# I Extremal condition in calculus of variations, geometric

Tags:
1. Oct 27, 2016

### jonjacson

Hi folks,

I am a bit confused with the extreme condition used in the calculus of variations:

δ = 0

I don't understand this rule to find extreme solutions (maximum or minimum)

If in normal differential calculus we have a function y = y(x) and represent it graphically, you see that at the minimum or maximum points the tangent line is horizontal. Since the angle of the tangent line is related to the derivative, it is straightforward to obtain the extreme points, we equal y' = 0. And then we check if it is a minimum, maximum or saddle point using the second derivative.

But with variations it is completely different, we have a functional, and we don't know which function minimizes or maximizes the calculation (normally a definite integral) . I have seen several approaches to find the extreme solution:

-You imagine that you know the solution, and then you express an unknown function in terms of this solution + ε *η. Where ε is a finite quantity, as small as required and η is another function. Then you use the normal differential calculus rules to find the function that minimizes-maximizes the functional, I mean you make derivative equal to zero for ε=0.
I understand what they mean but, How do I know a solution exists?

- Another reasoning talks about expanding the solution in terms of first order, second order... variations and imposing δ=0 because there are no first order changes (a similar idea to normal differential calculus but applied for the variations) for the right solution. Instead, they are second order in the right one. Or in other words "if a function is the solution of our problem, this function will have nearby many other solutions that give almost the same result".

Does anybody know any book that shows this geometrically?

The only one I found with some geometry was on Feynman Lectures on Physics but his reasoning looks really strange to me. I just copy and paste to avoid any kind of confusion on his own words:

(there is an image attached at the end of the post)

26-5 "A more precise statement of Fermat's principle"

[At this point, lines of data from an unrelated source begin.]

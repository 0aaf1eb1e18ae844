-- ===== src/Manager/Unload/Keeps.antt =====
-- The steps of detaching and unloading, but for the deletion of the record, keep what calls other
-- than deletions of records keep.
use go_bpfman.Prelude.{ℕ, Text, Bool, List, [], ◌∷◌, Option, none, some, ◌==◌, ltb, if◌then◌else◌}
use go_bpfman.Errors.{Err}
use go_bpfman.Exec.{Exec, pure, proceed, wrapped, dropped, logged, ◌>>=◌}
use go_bpfman.Exec.Ends.{Ends, Ends-wrapped, Ends-bind, Ends-if, Ends-on_error}
use go_bpfman.Platform.{Key}
use go_bpfman.Layout.{shared_map_pin}
use go_bpfman.Links.{LinkRecord}
use go_bpfman.Manager.World.{Event, Trace, World, ManagerEnv, ProgramRecord, invoke, invoke_unit}
use go_bpfman.Manager.World
use go_bpfman.Manager.World.Since.{call_of, IsOther, Since, invoke_keeps}
use go_bpfman.Manager.Executor.{Action, execute}
use go_bpfman.Manager.Executor
use go_bpfman.Manager.Executor.Keeps.{Keeps, Keeps-logged, execute-Keeps}
use go_bpfman.Manager.Detach.{
  extract_dispatcher_key, is_unset, lift, cleanup_each, cleanup_empty_dispatchers,
}
use go_bpfman.Manager.Unload.{
  detach_pinned, detach_all_links, remove_orphaned, cleanup_shared_map_pins, gc_map_set_if_unused,
  should_remove_map_pins, remove_unrecorded, remove_maps, map_set_id,
}
use go_bpfman.Exec.{Outcome, ok, err, panic}

module _ (env : ManagerEnv) (start : World) (P : Trace → Type 0)
    (closed : (ev : Event) (new : Trace) → IsOther (call_of ev) → P new → P (ev ∷ new)) where
  abbrev I : World → Type 0
  I = Since start P

  cleanup_each-Keeps :
      (E : Err → World → Type 0) (keys : List Key) (w : World)
      → I w
      → Ends E (λ _. I) (cleanup_each env keys w)
  unfolding cleanup_each
  cleanup_each-Keeps E [] w i = i
  cleanup_each-Keeps E (key ∷ keys) w i =
      Ends-bind E (λ _. I) (λ _. I) (dropped (execute env (Executor.remove_dispatcher key) w)) _
        (Keeps-logged start P E _
          (execute-Keeps env start P closed (Executor.remove_dispatcher key) w i))
        (λ _ v j. cleanup_each-Keeps E keys v j)

  -- The cleanup of dispatchers returns no error at all.
  pub cleanup_empty_dispatchers-Keeps :
      (E : Err → World → Type 0) (keys : List Key) (w : World)
      → I w
      → Ends E (λ _. I) (cleanup_empty_dispatchers env keys w)
  unfolding cleanup_empty_dispatchers
  cleanup_empty_dispatchers-Keeps E keys w i = cleanup_each-Keeps E (env.order w keys) w i

  extracted-Keeps :
      (r : Outcome Key) (f : Key → Exec World (List Key)) (w : World)
      → ((key : Key) (v : World) → I v → Keeps start P (f key v))
      → I w
      → Keeps start P (proceed (wrapped "extract dispatcher key for link" (lift r w)) f)
  extracted-Keeps (ok key) f w h i = h key w i
  extracted-Keeps (err e) f w h i = i
  extracted-Keeps (panic m) f w h i = tt

  detach_pinned-Keeps :
      (link : LinkRecord) (path : Text) (rebuilt : List Key) (w : World)
      → I w
      → Keeps start P (detach_pinned env link path rebuilt w)
  unfolding detach_pinned
  detach_pinned-Keeps link path rebuilt w i =
      Ends-bind (λ _. I) (λ _. I) (λ _. I)
        (wrapped "detach link" (invoke env (World.detach_link path) (λ _. tt) w)) _
        (Ends-wrapped (λ _. I) (λ _. I) "detach link" _
          (invoke_keeps env start P closed (World.detach_link path) (λ _. tt) w tt i))
        λ _ v j.
          extracted-Keeps (extract_dispatcher_key link.details) _ v
            (λ key u k.
              Ends-if (λ _. I) (λ _. I) (is_unset key) (pure rebuilt) _ u (λ _. k)
                λ _.
                  Ends-bind (λ _. I) (λ _. I) (λ _. I)
                    (wrapped "rebuild dispatcher after detaching link"
                      (execute env (Executor.rebuild_dispatcher_for_detach key link.id) u))
                    _
                    (Ends-wrapped (λ _. I) (λ _. I) "rebuild dispatcher after detaching link" _
                      (execute-Keeps env start P closed
                        (Executor.rebuild_dispatcher_for_detach key link.id) u k))
                    (λ _ t l. l))
            j

  pub detach_all_links-Keeps :
      (rebuilt : List Key) (links : List LinkRecord) (w : World)
      → I w
      → Keeps start P (detach_all_links env rebuilt links w)
  unfolding detach_all_links
  detach_all_links-Keeps rebuilt [] w i = i
  detach_all_links-Keeps rebuilt (link ∷ links) w i =
      go link.pin_path (λ keys. detach_all_links-Keeps keys links)
    where
      go :
          (o : Option Text)
          → ((keys : List Key) (v : World)
              → I v
              → Keeps start P (detach_all_links env keys links v))
          → let step : Exec World (List Key) = elim o [
            | none ↦ detach_all_links env rebuilt links
            | some path ↦
                detach_pinned env link path rebuilt >>= λ keys. detach_all_links env keys links
          ] in
            Keeps start P (step w)
      go none later = later rebuilt w i
      go (some path) later =
          Ends-bind (λ _. I) (λ _. I) (λ _. I) (detach_pinned env link path rebuilt w) _
            (detach_pinned-Keeps link path rebuilt w i) later

  remove_orphaned-Keeps :
      (names : List Text) (w : World) → I w → Keeps start P (remove_orphaned env names w)
  unfolding remove_orphaned
  remove_orphaned-Keeps [] w i = i
  remove_orphaned-Keeps (name ∷ names) w i =
      Ends-bind (λ _. I) (λ _. I) (λ _. I)
        (dropped
          (invoke env (World.remove_shared_map_pin (shared_map_pin env.base name)) (λ _. tt) w))
        _
        (Keeps-logged start P (λ _. I) _
          (invoke_keeps env start P closed
            (World.remove_shared_map_pin (shared_map_pin env.base name)) (λ _. tt) w tt i))
        (λ _ v j. remove_orphaned-Keeps names v j)

  pub cleanup_shared_map_pins-Keeps :
      (id : ℕ) (w : World) → I w → Keeps start P (cleanup_shared_map_pins env id w)
  unfolding cleanup_shared_map_pins
  cleanup_shared_map_pins-Keeps id w i =
      Ends-bind (λ _. I) (λ _. I) (λ _. I)
        (invoke env (World.delete_shared_map_pins id) (λ v. env.orphaned_of v id) w) _
        (invoke_keeps env start P closed (World.delete_shared_map_pins id) _ w tt i)
        remove_orphaned-Keeps

  pub gc_map_set_if_unused-Keeps :
      (id : ℕ) (dir : Text) (w : World) → I w → Keeps start P (gc_map_set_if_unused env id dir w)
  unfolding gc_map_set_if_unused
  gc_map_set_if_unused-Keeps id dir w i =
      Ends-bind (λ _. I) (λ _. I) (λ _. I)
        (wrapped "count map set users"
          (invoke env (World.count_map_set_users id) (λ v. env.users_of v id) w))
        _
        (Ends-wrapped (λ _. I) (λ _. I) "count map set users" _
          (invoke_keeps env start P closed (World.count_map_set_users id) _ w tt i))
        λ users v j.
          Ends-if (λ _. I) (λ _. I) (ltb 0 users) (pure tt) _ v (λ _. j)
            λ _.
              Ends-bind (λ _. I) (λ _. I) (λ _. I)
                (wrapped "remove map set pins" (invoke env (World.unload_pin dir) (λ _. tt) v)) _
                (Ends-wrapped (λ _. I) (λ _. I) "remove map set pins" _
                  (invoke_keeps env start P closed (World.unload_pin dir) _ v tt j))
                λ _ u k.
                  Ends-wrapped (λ _. I) (λ _. I) "delete map set" _
                    (invoke_keeps env start P closed (World.delete_map_set id) _ u tt k)

  should_remove_map_pins-Keeps :
      (id : ℕ) (w : World) → I w → Keeps start P (should_remove_map_pins env id w)
  unfolding should_remove_map_pins
  should_remove_map_pins-Keeps id w i =
      Ends-on_error (λ _. I) (λ _. I) (λ _. I) (λ _. I)
        (invoke env (World.map_set_exists id) (λ v. env.exists_of v id) w) _ _
        (invoke_keeps env start P closed (World.map_set_exists id) _ w tt i) (λ _ v j. j)
        (λ _ v j. j)

  remove_maps-Keeps :
      (dir : Text) (remove : Bool) (w : World) → I w → Keeps start P (remove_maps env dir remove w)
  remove_maps-Keeps dir remove w i =
      Ends-bind (λ _. I) (λ _. I) (λ _. I)
        ((if remove then logged (invoke_unit env (World.unload_pin dir)) else pure tt) w) _
        (Ends-if (λ _. I) (λ _. I) remove (logged (invoke_unit env (World.unload_pin dir)))
          (pure tt) w
          (λ _.
            Keeps-logged start P (λ _. I) _
              (invoke_keeps env start P closed (World.unload_pin dir) _ w tt i))
          (λ _. i))
        (λ _ v j. j)

  pub remove_unrecorded-Keeps :
      (p : ProgramRecord) (w : World) → I w → Keeps start P (remove_unrecorded env p w)
  unfolding remove_unrecorded
  remove_unrecorded-Keeps p w i =
      Ends-if (λ _. I) (λ _. I) (map_set_id p == p.program_id) _ (pure []) w
        (λ _.
          Ends-bind (λ _. I) (λ _. I) (λ _. I) (should_remove_map_pins env p.program_id w) _
            (should_remove_map_pins-Keeps p.program_id w i) (remove_maps-Keeps p.maps_dir))
        (λ _. i)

Actually, we must make the statement of the principle of least time a little more accurately. It was not stated correctly above. It is incorrectly called the principle of least time and we have gone along with the incorrect description for convenience, but we must now see what the correct statement is. Suppose we had a mirror as in fig 1. What makes the light think it has to go to the mirror? The path of least time is clearly AB. So some people might say, "Sometimes it is a maximum time". It is not a maximum time, because certainly a curved path would take a still longer time! The correct statement is the following: a ray going in a certain particular path has the property that if we make a small change (say a one percent shift) in the ray in any manner whatever, say in the location at which it comes to the mirror, or the shape of the curve, or anything, there will be no first order change in the time; there will be only a second-order change in the time. In other words, the principle is that light takes a path such that there are many other paths nearby which take almost exactly the same time".

So he is discarding the straight line AB and saying that instead light travels from A to B passing through C... a result I can't just believe.

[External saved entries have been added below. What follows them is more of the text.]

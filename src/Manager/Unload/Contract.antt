-- ===== src/Manager/Unload/Contract.antt =====
-- The failure contract of an unload: nothing is deleted before the point of no return, and behind it
-- only the deletion of the record may fail.
use go_bpfman.Prelude.{
  Text, true, ◌≡◌, refl, sym, ap, ◌∙◌, ◌⊎◌, inl, inr, List, [], ◌∷◌, ◌++◌, Option, none, some, In,
}
use mathlib.Core.Option.{some-injective}
use go_bpfman.Errors.{Err, wrap, joined, errors_join}
use go_bpfman.Exec.{Exec, pure, fail, proceed, dropped}
use go_bpfman.Exec.Ends.{Ends, Ends-bind, Ends-weaken, Ends-dropped, Ends-on_error}
use go_bpfman.Platform.{Key}
use go_bpfman.Links.{LinkRecord}
use go_bpfman.Layout.{program_dir}
use go_bpfman.Manager.World.{
  Event, done, failed, Trace, World, ManagerEnv, ProgramRecord, invoke, delete_program, unload_pin,
  remove_program_dir,
}
use go_bpfman.Manager.World.Since.{
  call_of, IsOther, NoDeletion, Since, Since-cons, invoke-Ends, invoke_keeps,
}
use go_bpfman.Manager.Detach.{collect_dispatcher_keys, cleanup_empty_dispatchers}
use go_bpfman.Manager.Unload.{
  cleanup_shared_map_pins, gc_map_set_if_unused, delete_record, map_set_id, after_unload,
  delete_keys,
}
use go_bpfman.Manager.Executor.Keeps.{Keeps-logged}
use go_bpfman.Manager.Unload.Keeps.{
  cleanup_shared_map_pins-Keeps, gc_map_set_if_unused-Keeps, cleanup_empty_dispatchers-Keeps,
}

-- The program's pin is gone, and no record is touched.
abbrev pub Unpinned : Text → Trace → Type 0
Unpinned pin new = NoDeletion new × In (done (unload_pin pin)) new

-- `ev` is the only attempt to delete a record, and it was made after the program's pin was gone.
abbrev pub Once : Text → Event → Trace → Type 0
Once pin ev new =
    (after : Trace) × (before : Trace) × (new ≡ after ++ ev ∷ before)
    × NoDeletion after
    × Unpinned pin before

pub NoDeletion-closed :
    (ev : Event) (new : Trace) → IsOther (call_of ev) → NoDeletion new → NoDeletion (ev ∷ new)
NoDeletion-closed ev new o h = (o, h)

Unpinned-closed :
    (pin : Text) (ev : Event) (new : Trace)
    → IsOther (call_of ev)
    → Unpinned pin new
    → Unpinned pin (ev ∷ new)
Unpinned-closed pin ev new o h = ((o, h.0), inr h.1)

Once-closed :
    (pin : Text) (e : Event) (ev : Event) (new : Trace)
    → IsOther (call_of ev)
    → Once pin e new
    → Once pin e (ev ∷ new)
Once-closed pin e ev new o (after, before, p, a, b) =
    (ev ∷ after, before, ap (λ t. ev ∷ t) p, (o, a), b)

module _ (env : ManagerEnv) (p : ProgramRecord) (start : World) where
  abbrev pub Deleted : World → Type 0
  Deleted = Since start (Once p.pin_path (done (delete_program p.program_id)))

  abbrev pub Undeleted : Err → World → Type 0
  Undeleted d = Since start (Once p.pin_path (failed (delete_program p.program_id) d))

  -- The errors that are collected, with what was done to the record.
  abbrev Collected : List Err → World → Type 0
  Collected errs w =
      ((errs ≡ []) × Deleted w)
      ⊎ ((d : Err) × (errs ≡ wrap "delete program record" d ∷ []) × Undeleted d w)

  delete_record-Collected :
      (w : World)
      → Since start (Unpinned p.pin_path) w
      → Ends (λ _ _. ⊥) Collected (delete_record env p w)
  unfolding delete_record
  delete_record-Collected w s =
      Ends-on_error Undeleted (λ _ _. ⊥) (λ _. Deleted) Collected
        (invoke env (delete_program p.program_id) (λ _. tt) w) _ _
        (invoke-Ends env Undeleted (λ _. Deleted) (delete_program p.program_id) (λ _. tt) w
          (Since-cons start (Unpinned p.pin_path) _ (done (delete_program p.program_id)) w w.log
            (λ new h. ([], new, refl, tt, h)) s)
          (λ d.
            Since-cons start (Unpinned p.pin_path) _ (failed (delete_program p.program_id) d) w
              w.log (λ new h. ([], new, refl, tt, h)) s))
        (λ d v u. inr (d, refl, u))
        λ _ v u.
          Ends-bind (λ _ _. ⊥) (λ _. Deleted) Collected
            (dropped (gc_map_set_if_unused env (map_set_id p) p.maps_dir v)) _
            (Ends-dropped (λ _. Deleted) (λ _ _. ⊥) (λ _. Deleted) Deleted _
              (gc_map_set_if_unused-Keeps env start _ (Once-closed p.pin_path _) (map_set_id p)
                p.maps_dir v u)
              (λ e t i. i) (λ a t i. i))
            (λ _ t i. inl (refl, i))

  -- What is left when the errors are collected.
  module _ (links : List LinkRecord) (rebuilt : List Key) (errs : List Err) where
    abbrev pub returned : Exec World (Unit {0})
    returned = elim (errors_join errs) [ none ↦ pure tt | some e ↦ fail e ]

    module _ (Q : Trace → Type 0)
        (closed : (ev : Event) (new : Trace) → IsOther (call_of ev) → Q new → Q (ev ∷ new)) where
      returned-Ends :
          (w : World)
          → Since start Q w
          → Ends
              (λ e v. (errors_join errs ≡ some e) × Since start Q v)
              (λ _ v. (errors_join errs ≡ none) × Since start Q v)
              (returned w)
      returned-Ends w s = go (errors_join errs) refl
        where
          go :
              (o : Option Err)
              → errors_join errs ≡ o
              → let step : Exec World (Unit {0}) = elim o [ none ↦ pure tt | some e ↦ fail e ] in
                Ends
                  (λ e v. (errors_join errs ≡ some e) × Since start Q v)
                  (λ _ v. (errors_join errs ≡ none) × Since start Q v)
                  (step w)
          go none e = (e, s)
          go (some d) e = (e, s)

      pub last_steps :
          (w : World)
          → Since start Q w
          → Ends
              (λ e v. (errors_join errs ≡ some e) × Since start Q v)
              (λ _ v. (errors_join errs ≡ none) × Since start Q v)
              (proceed
                (dropped
                  (invoke env (remove_program_dir (program_dir env.base p.program_id)) (λ _. tt) w))
                λ _ v.
                  proceed
                    (cleanup_empty_dispatchers env
                      (delete_keys rebuilt (collect_dispatcher_keys links))
                      v)
                    (λ _. returned))
      last_steps w s =
          let E : Err → World → Type 0 = λ e v. (errors_join errs ≡ some e) × Since start Q v in
          let R : Unit {0} → World → Type 0 = λ _ v. (errors_join errs ≡ none) × Since start Q v in
          Ends-bind E (λ _. Since start Q) R
            (dropped
              (invoke env (remove_program_dir (program_dir env.base p.program_id)) (λ _. tt) w))
            _
            (Keeps-logged start Q E _ (
              invoke_keeps env start Q closed
                (remove_program_dir (program_dir env.base p.program_id)) (λ _. tt) w tt s))
            λ _ v i.
              Ends-bind E (λ _. Since start Q) R
                (cleanup_empty_dispatchers env (delete_keys rebuilt (collect_dispatcher_keys links))
                  v)
                _
                (cleanup_empty_dispatchers-Keeps env start Q closed E
                  (delete_keys rebuilt (collect_dispatcher_keys links)) v i)
                (λ _ u j. returned-Ends u j)

  -- An unload that fails behind the point of no return.
  abbrev pub RecordLeft : Err → World → Type 0
  RecordLeft e w = (d : Err) × (e ≡ joined (wrap "delete program record" d)) × Undeleted d w

  pub after_unload-Ends :
      (links : List LinkRecord) (rebuilt : List Key) (w : World)
      → Since start (Unpinned p.pin_path) w
      → Ends RecordLeft (λ _. Deleted) (after_unload env p links true rebuilt w)
  unfolding after_unload errors_join
  after_unload-Ends links rebuilt w s =
      Ends-bind RecordLeft (λ _. Since start (Unpinned p.pin_path)) (λ _. Deleted)
        (dropped (cleanup_shared_map_pins env p.program_id w)) _
        (Keeps-logged start (Unpinned p.pin_path) RecordLeft _
          (cleanup_shared_map_pins-Keeps env start _ (Unpinned-closed p.pin_path) p.program_id w s))
        λ _ v i.
          Ends-bind RecordLeft Collected (λ _. Deleted) (delete_record env p v) _
            (Ends-weaken (λ _ _. ⊥) RecordLeft Collected Collected _ (delete_record-Collected v i)
              (λ e u h. absurd h) (λ a u h. h))
            λ errs u c. elim c [
              | inl (e, d) ↦
                  Ends-weaken _ RecordLeft _ (λ _. Deleted) _
                    (last_steps links rebuilt errs _ (Once-closed p.pin_path _) u d)
                    (λ x t h. absurd (cc (h.0, ap errors_join e))) (λ a t h. h.1)
              | inr (d, e, l) ↦
                  Ends-weaken _ RecordLeft _ (λ _. Deleted) _
                    (last_steps links rebuilt errs _ (Once-closed p.pin_path _) u l)
                    (λ x t h. (d, some-injective _ _ (sym h.0 ∙ ap errors_join e), h.1))
                    (λ a t h. absurd (cc (h.0, ap errors_join e)))
            ]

Honestly I think that if I have a light at point A and I turn on it pointing to the point B, the light is not going to go through C, it will take the straight line AB.

Assuming that mysteriously the light decides suddenly going to the mirror, reflecting at point C and going finally to point B.

Aren't the paths nearby the straight line AB taking almost exactly the same time to travel that AB?

If you think only about this "nearby paths" reasoning I can't even see any difference between any paths. Since all of them are straight lines with constant speed, small changes on the paths will make small changes in the times of travel, and that will be the same for AB, or for ACB, or for AEB, or for ADB, so why is that δ=0 gives us the right (according to Feynman) result ACB instead of AB or even any other one?

#### Attached Files:

• ###### Untitled.png
File size:
8.6 KB
Views:
47
Last edited: Oct 27, 2016
2. Oct 28, 2016

### BvU

Hi,

From the picture it's clear to me that ACB' is shorter than AEB' and therefore ACB is shorter than AEB. What do you say ?
And at C you have a case $\delta = 0$ which you do not have at D or E.

Note that $\delta$ is not a number but a deviation at any point along the path. You can use the same reasoning to establish that a straight line AC is the shortest path from A to C.

3. Oct 28, 2016

### jonjacson

(If you don't have time you could go to point 5 in my answer, the last one, maybe answering that question I understand all the other ones)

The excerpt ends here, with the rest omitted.